The technology will cut up to 20% of CO2 emissions compared to current practices on site. The order given to Denmark-based FLSmidth includes what is said to be the world’s largest gas suspension calciner system and a complete grinding station, adding another 120% grinding capacity.
FLSmidth adds that the order is set to provide significant reductions in carbon emissions to CBI Ghana’s cement production outside of Accra in southern Ghana. Together with the new grinding station, Swiss-owned CBI expects both financial and environmental return-on-investment from lower specific CO2 emissions, energy and fuel savings, and reduced costs from clinker imports.
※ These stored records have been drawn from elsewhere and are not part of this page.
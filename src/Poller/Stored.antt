-- ===== src/Poller/Stored.antt =====
-- A poll and the table of listeners (osubot/src/match_listener/poller.rs, process_one, poll_cycle).
use osubot_rs.Prelude.{ℕ, Bool, not, ◌&&◌, List, [], ◌∷◌, Option, none, some, if◌then◌else◌, ℤ}
use osubot_rs.MatchListener.{LegacyMatchEvent, ListenerCursor}
use osubot_rs.MatchStart.{as_i64, as_u64, stored_id}
use osubot_rs.Poller.{MatchListenConfig, Channel, Progress, process_one}
use osubot_rs.Database.Listeners.{
  MatchListener, update_match_listener_progress, stop_match_listener, expire_old_match_listeners,
  list_active_match_listeners_due_for_polling,
}

-- What the database gives to a poll: the time at which the progress is stored, and the statements
-- that fail.
pub record Writes : Type 0 where
  pub stored_at : ℕ
  pub update_fails : Bool
  pub stop_fails : Bool

abbrev pub cursor_of : MatchListener → ListenerCursor
cursor_of l = record {
  last_event_id = stored_id l.last_event_id;
  last_notified_event_id = stored_id l.last_notified_event_id;
  pending_game_event_id = stored_id l.pending_game_event_id;
}

abbrev pub id_to_store : Option ℕ → Option ℤ
id_to_store none = none
id_to_store (some id) = some (as_i64 id)

abbrev pub touch : Bool → ℕ → Option ℕ
touch b now = if b then some now else none

module _ {Content : Type 0} where
  unfoldable pub store_progress :
      ℤ → ℤ → Progress Content → Writes → List MatchListener → List MatchListener
  unfolding update_match_listener_progress
  store_progress match_id group_id p f rows =
      if f.update_fails
      then rows
      else update_match_listener_progress match_id group_id
          (id_to_store p.final_cursor.last_event_id)
          (id_to_store p.final_cursor.last_notified_event_id)
          (id_to_store p.final_cursor.pending_game_event_id)
          (touch p.touch_last_notified_at f.stored_at) rows

  abbrev pub after_poll :
      ℤ → ℤ → Progress Content → Writes → List MatchListener → List MatchListener
  after_poll match_id group_id p f rows =
      let rows' = store_progress match_id group_id p f rows in
      if p.stopped && not f.stop_fails
      then (stop_match_listener match_id group_id rows').0
      else rows'

  -- `match_id as u64`, and back for the statements. No answer of the API: nothing is done.
  abbrev pub poll_listener :
      MatchListenConfig
      → Channel Content
      → Writes
      → MatchListener
      → Option (List (LegacyMatchEvent Content))
      → List MatchListener
      → List MatchListener
  poll_listener cfg ch f l none rows = rows
  poll_listener cfg ch f l (some events) rows =
      after_poll (as_i64 (as_u64 l.match_id)) l.group_id (process_one cfg ch (cursor_of l) events) f
        rows

  abbrev poll_each :
      MatchListenConfig
      → (MatchListener → Channel Content)
      → (MatchListener → Writes)
      → (MatchListener → Option (List (LegacyMatchEvent Content)))
      → List MatchListener
      → List MatchListener
      → List MatchListener
  poll_each cfg ch f answers [] rows = rows
  poll_each cfg ch f answers (l ∷ ls) rows =
      poll_each cfg ch f answers ls (poll_listener cfg (ch l) (f l) l (answers l) rows)

  -- A cycle: the polls of the listeners that are due, in the order in which they finish. What an
  -- executor makes of that order is `schedule`.
  unfoldable pub poll_cycle :
      MatchListenConfig
      → (MatchListener → Channel Content)
      → (MatchListener → Writes)
      → (MatchListener → Option (List (LegacyMatchEvent Content)))
      → (List MatchListener → List MatchListener)
      → (expired_at listed_at : ℤ) → (expire_fails list_fails : Bool) → List MatchListener
      → List MatchListener
  unfolding expire_old_match_listeners list_active_match_listeners_due_for_polling
  poll_cycle cfg ch f answers schedule expired_at listed_at expire_fails list_fails rows =
      let rows' = if expire_fails then rows else expire_old_match_listeners expired_at rows in
      if list_fails
      then rows'
      else poll_each cfg ch f answers
          (schedule (list_active_match_listeners_due_for_polling listed_at rows')) rows'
“Ghana is the perfect location for using clay as an environmentally friendly alternative to clinker,” says Frédéric Albrecht, CEO at CBI Ghana. “West Africa is traditionally a clinker- and cement importing region due to the lack of suitable limestone reserves. Developing countries with their young populations and a growing need for infrastructure and housing represents the future in cement consumption. Calcined clay cements are the most sustainable alternative to traditional clinker-based cement. With the support from FLSmidth, we will be able to operate clay calcination in a large scale."
FLSmidth says that using calcined clay to minimise the need for traditional, carbon-intensive clinker is a key technology in eliminating the environmental footprint from cement production, which today accounts for 7-8% of the world’s CO2 emissions.
“In the light of the commitments made by the international community – most recently at COP 26, the CBI Ghana project is yet another example of how the cement industry is responding to the need for more environmentally friendly processes,” says Carsten Riisberg Lund, cement industry president at FLSmidth.
“Using clay as a supplement in the cement production is not new – it has been done for decades. But, with our new clay calciner system, we can produce a highly reactive clay that is able to substitute between 30-40% of the clinker in the final product, resulting in up to 40% CO2 reductions per ton of green cement compared to traditional OPC cement."